Your response needs to be the data below, retyped exactly.

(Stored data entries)
• • • • •
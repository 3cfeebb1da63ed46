-- ===== src/Mft/Attributes/Total.antt =====
-- The attribute parsers on arbitrary bytes.
use file_recovery_engine.Prelude.{ℕ, ◌+◌, ◌*◌, ◌≤◌, ◌≡◌, arith, some, none, List, inl, inr}
use file_recovery_engine.Prelude.{ltb, ◌==◌, Bool-cases, Option-cases, length, get_elem?-some}
use file_recovery_engine.Prelude.Outcome.{Returns}
use file_recovery_engine.Prelude.Checked.{u64_mod, checked_mul}
use file_recovery_engine.Prelude.Bytes.{Bytes, get_range, get_range_total}
use file_recovery_engine.Mft.Fields.{read_u16_total, read_u32_total, read_u64_total}
use file_recovery_engine.Mft.Runs.Total.{parse_data_runs-Returns}
use file_recovery_engine.Prelude.Text.{code_units, decode_utf16, code_units_total}
use file_recovery_engine.Mft.Attributes.{
  parse_attribute_name, parse_resident_attribute, parse_non_resident_attribute,
  read_compressed_size,
}

-- The slice that is cut for a name holds whole code units.
named_units :
    (bytes : Bytes) (offset size : ℕ)
    → offset + size * 2 ≤ length bytes
    → (bs : Bytes) × (units : List ℕ) × (get_range bytes offset (offset + size * 2) ≡ some bs)
      × (code_units bs ≡ some units)
named_units bytes offset size h =
    let (bs, found, long) = get_range_total bytes offset (offset + size * 2) (omega arith) h in
    let (units, decoded) = code_units_total size bs (omega arith) in (bs, units, found, decoded)

pub parse_attribute_name-Returns :
    (bytes : Bytes) (offset size : ℕ) → Returns (parse_attribute_name bytes offset size)
unfolding parse_attribute_name checked_mul
parse_attribute_name-Returns bytes offset size = elim (Bool-cases (size == 0)) [
  | inl unnamed ↦ rw unnamed (λ p. cc, λ p. cc)
  | inr named ↦ elim (Bool-cases (ltb (size * 2) u64_mod)) [
    | inr large ↦ rw (named, large) (λ p. cc, λ p. cc)
    | inl small ↦ elim (Bool-cases (ltb (length bytes) (offset + size * 2))) [
      | inl short ↦ rw (named, small, short) (λ p. cc, λ p. cc)
      | inr long ↦
          let (bs, units, e, f) = named_units bytes offset size (ground arith) in
          elim (Option-cases (decode_utf16 none units)) [
            | inl malformed ↦ rw (named, small, long, e, f, malformed) (λ p. cc, λ p. cc)
            | inr (name, decoded) ↦ rw (named, small, long, e, f, decoded) (λ p. cc, λ p. cc)
          ]
    ]
  ]
]

pub parse_resident_attribute-Returns : (bytes : Bytes) → Returns (parse_resident_attribute bytes)
unfolding parse_resident_attribute
parse_resident_attribute-Returns bytes = elim (Bool-cases (ltb (length bytes) 24)) [
  | inl short ↦ rw short (λ p. cc, λ p. cc)
  | inr long ↦
      let (value_length, e) = read_u32_total bytes 0x10 (ground arith) in
      let (offset, f) = read_u16_total bytes 0x14 (ground arith) in
      let (flags, g) = get_elem?-some bytes 0x16 (ground arith) in
      rw (long, e, f, g) (grind (arith, get_range_total bytes offset (offset + value_length)))
]

pub parse_non_resident_attribute-Returns :
    (bytes : Bytes) → Returns (parse_non_resident_attribute bytes)
unfolding parse_non_resident_attribute read_compressed_size
parse_non_resident_attribute-Returns bytes = elim (Bool-cases (ltb (length bytes) 64)) [
  | inl short ↦ rw short (λ p. cc, λ p. cc)
  | inr long ↦
      let (lowest, e) = read_u64_total bytes 0x10 (ground arith) in
      let (highest, f) = read_u64_total bytes 0x18 (ground arith) in
      let (offset, g) = read_u16_total bytes 0x20 (ground arith) in
      rw (long, e, f, g)
        (grind (
          arith,
          read_u16_total bytes 0x22,
          read_u64_total bytes 0x28,
          read_u64_total bytes 0x30,
          read_u64_total bytes 0x38,
          read_u64_total bytes 0x40,
          get_range_total bytes offset (length bytes),
          parse_data_runs-Returns,
        ))
]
• • • • •
[Answer below]
repository 3cfeebb1da63ed46
-- ===== src/Mft/Attributes/Total.antt =====
-- The attribute parsers on arbitrary bytes.
use file_recovery_engine.Prelude.{ℕ, ◌+◌, ◌*◌, ◌≤◌, ◌≡◌, arith, some, none, List, inl, inr}
use file_recovery_engine.Prelude.{ltb, ◌==◌, Bool-cases, Option-cases, length, get_elem?-some}
use file_recovery_engine.Prelude.Outcome.{Returns}
use file_recovery_engine.Prelude.Checked.{u64_mod, checked_mul}
use file_recovery_engine.Prelude.Bytes.{Bytes, get_range, get_range_total}
use file_recovery_engine.Mft.Fields.{read_u16_total, read_u32_total, read_u64_total}
use file_recovery_engine.Mft.Runs.Total.{parse_data_runs-Returns}
use file_recovery_engine.Prelude.Text.{code_units, decode_utf16, code_units_total}
use file_recovery_engine.Mft.Attributes.{
  parse_attribute_name, parse_resident_attribute, parse_non_resident_attribute,
  read_compressed_size,
}

-- The slice that is cut for a name holds whole code units.
named_units :
    (bytes : Bytes) (offset size : ℕ)
    → offset + size * 2 ≤ length bytes
    → (bs : Bytes) × (units : List ℕ) × (get_range bytes offset (offset + size * 2) ≡ some bs)
      × (code_units bs ≡ some units)
named_units bytes offset size h =
    let (bs, found, long) = get_range_total bytes offset (offset + size * 2) (omega arith) h in
    let (units, decoded) = code_units_total size bs (omega arith) in (bs, units, found, decoded)

pub parse_attribute_name-Returns :
    (bytes : Bytes) (offset size : ℕ) → Returns (parse_attribute_name bytes offset size)
unfolding parse_attribute_name checked_mul
parse_attribute_name-Returns bytes offset size = elim (Bool-cases (size == 0)) [
  | inl unnamed ↦ rw unnamed (λ p. cc, λ p. cc)
  | inr named ↦ elim (Bool-cases (ltb (size * 2) u64_mod)) [
    | inr large ↦ rw (named, large) (λ p. cc, λ p. cc)
    | inl small ↦ elim (Bool-cases (ltb (length bytes) (offset + size * 2))) [
      | inl short ↦ rw (named, small, short) (λ p. cc, λ p. cc)
      | inr long ↦
          let (bs, units, e, f) = named_units bytes offset size (ground arith) in
          elim (Option-cases (decode_utf16 none units)) [
            | inl malformed ↦ rw (named, small, long, e, f, malformed) (λ p. cc, λ p. cc)
            | inr (name, decoded) ↦ rw (named, small, long, e, f, decoded) (λ p. cc, λ p. cc)
          ]
    ]
  ]
]

pub parse_resident_attribute-Returns : (bytes : Bytes) → Returns (parse_resident_attribute bytes)
unfolding parse_resident_attribute
parse_resident_attribute-Returns bytes = elim (Bool-cases (ltb (length bytes) 24)) [
  | inl short ↦ rw short (λ p. cc, λ p. cc)
  | inr long ↦
      let (value_length, e) = read_u32_total bytes 0x10 (ground arith) in
      let (offset, f) = read_u16_total bytes 0x14 (ground arith) in
      let (flags, g) = get_elem?-some bytes 0x16 (ground arith) in
      rw (long, e, f, g) (grind (arith, get_range_total bytes offset (offset + value_length)))
]

pub parse_non_resident_attribute-Returns :
    (bytes : Bytes) → Returns (parse_non_resident_attribute bytes)
unfolding parse_non_resident_attribute read_compressed_size
parse_non_resident_attribute-Returns bytes = elim (Bool-cases (ltb (length bytes) 64)) [
  | inl short ↦ rw short (λ p. cc, λ p. cc)
  | inr long ↦
      let (lowest, e) = read_u64_total bytes 0x10 (ground arith) in
      let (highest, f) = read_u64_total bytes 0x18 (ground arith) in
      let (offset, g) = read_u16_total bytes 0x20 (ground arith) in
      rw (long, e, f, g)
        (grind (
          arith,
          read_u16_total bytes 0x22,
          read_u64_total bytes 0x28,
          read_u64_total bytes 0x30,
          read_u64_total bytes 0x38,
          read_u64_total bytes 0x40,
          get_range_total bytes offset (length bytes),
          parse_data_runs-Returns,
        ))
]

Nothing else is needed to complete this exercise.